ABOUT THIS EXERCISE
Your reply should contain only the line with "trim-head g s" and the lines after it through the end of the data, each written out exactly.

DATA RECORDS
-- ===== src/Prelude/Trim.antt =====
-- Laws of `trim`: it only drops characters, and keeps a first character that is no space.
use Prim.Native.Nat.{ℕ, ◌≤◌}
use mathlib.Core.Path.{◌≡◌, refl}
use mathlib.Core.Logic.{inl, inr}
use mathlib.Core.Bool.{false}
use mathlib.Core.List.{[], ◌∷◌, ◌++◌, reverse, reverse-append, List}
use native.Mathlib.Omega.{arith}
use mastermind_minecraft_ser.Prelude.Tests.{Bool-cases}
use mastermind_minecraft_ser.Prelude.Lists.{length, length-append, All}
use mastermind_minecraft_ser.Prelude.Strings.{Text, is_space, trim_start, trim}

pub All-append {ℓ κ} :
    {A : Type ℓ} (P : A → Type κ) (xs ys : List A) → All P xs → All P ys → All P (xs ++ ys)
All-append P [] ys hx hy = hy
All-append P (x ∷ xs) ys hx hy = (hx.0, All-append P xs ys hx.1 hy)

reverse-cons {ℓ} : {A : Type ℓ} (x : A) (xs : List A) → reverse (x ∷ xs) ≡ reverse xs ++ x ∷ []
reverse-cons x xs = reverse-append (x ∷ []) xs

pub All-reverse : (P : ℕ → Type 0) (s : Text) → All P s → All P (reverse s)
All-reverse P [] h = h
All-reverse P (x ∷ xs) h =
    rw reverse-cons (All-append P (reverse xs) (x ∷ []) (All-reverse P xs h.1) (h.0, tt))

All-trim_start : (P : ℕ → Type 0) (s : Text) → All P s → All P (trim_start s)
unfolding trim_start
All-trim_start P [] h = h
All-trim_start P (c ∷ s) h = ground (arith, All-trim_start P s h.1)

pub All-trim : (P : ℕ → Type 0) (s : Text) → All P s → All P (trim s)
unfolding trim
All-trim P s h = All-reverse P _ (All-trim_start P _ (All-reverse P _ (All-trim_start P s h)))

length-reverse : (s : Text) → length (reverse s) ≡ length s
length-reverse [] = refl
length-reverse (x ∷ xs) =
    rw reverse-cons (omega (arith, length-append (reverse xs) (x ∷ []), length-reverse xs))

length-trim_start : (s : Text) → length (trim_start s) ≤ length s
unfolding trim_start
length-trim_start [] = omega arith
length-trim_start (c ∷ s) = ground (arith, length-trim_start s)

pub length-trim : (s : Text) → length (trim s) ≤ length s
unfolding trim
length-trim s = omega (
  arith,
  length-reverse (trim_start (reverse (trim_start s))),
  length-trim_start (reverse (trim_start s)),
  length-reverse (trim_start s),
  length-trim_start s,
)

trim_start-last :
    (xs : Text) (g : ℕ)
    → is_space g ≡ false
    → (ys : Text) × (trim_start (xs ++ g ∷ []) ≡ ys ++ g ∷ [])
unfolding trim_start
trim_start-last [] g h = ([], rw h)
trim_start-last (x ∷ xs) g h = elim (Bool-cases (is_space x)) [
  | inl sp ↦ rw sp (trim_start-last xs g h)
  | inr non ↦ rw non (x ∷ xs, refl)
]

-- a first character that is no space stays first
pub trim-head : (g : ℕ) (s : Text) → is_space g ≡ false → (r : Text) × (trim (g ∷ s) ≡ g ∷ r)
unfolding trim trim_start
trim-head g s h =
    let (ys, e) = trim_start-last (reverse s) g h in
    (reverse ys, rw (h, reverse-cons, e) (reverse-append ys (g ∷ [])))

RESPONSE
trim-head g s h =
    let (ys, e) = trim_start-last (reverse s) g h in
    (reverse ys, rw (h, reverse-cons, e) (reverse-append ys (g ∷ [])))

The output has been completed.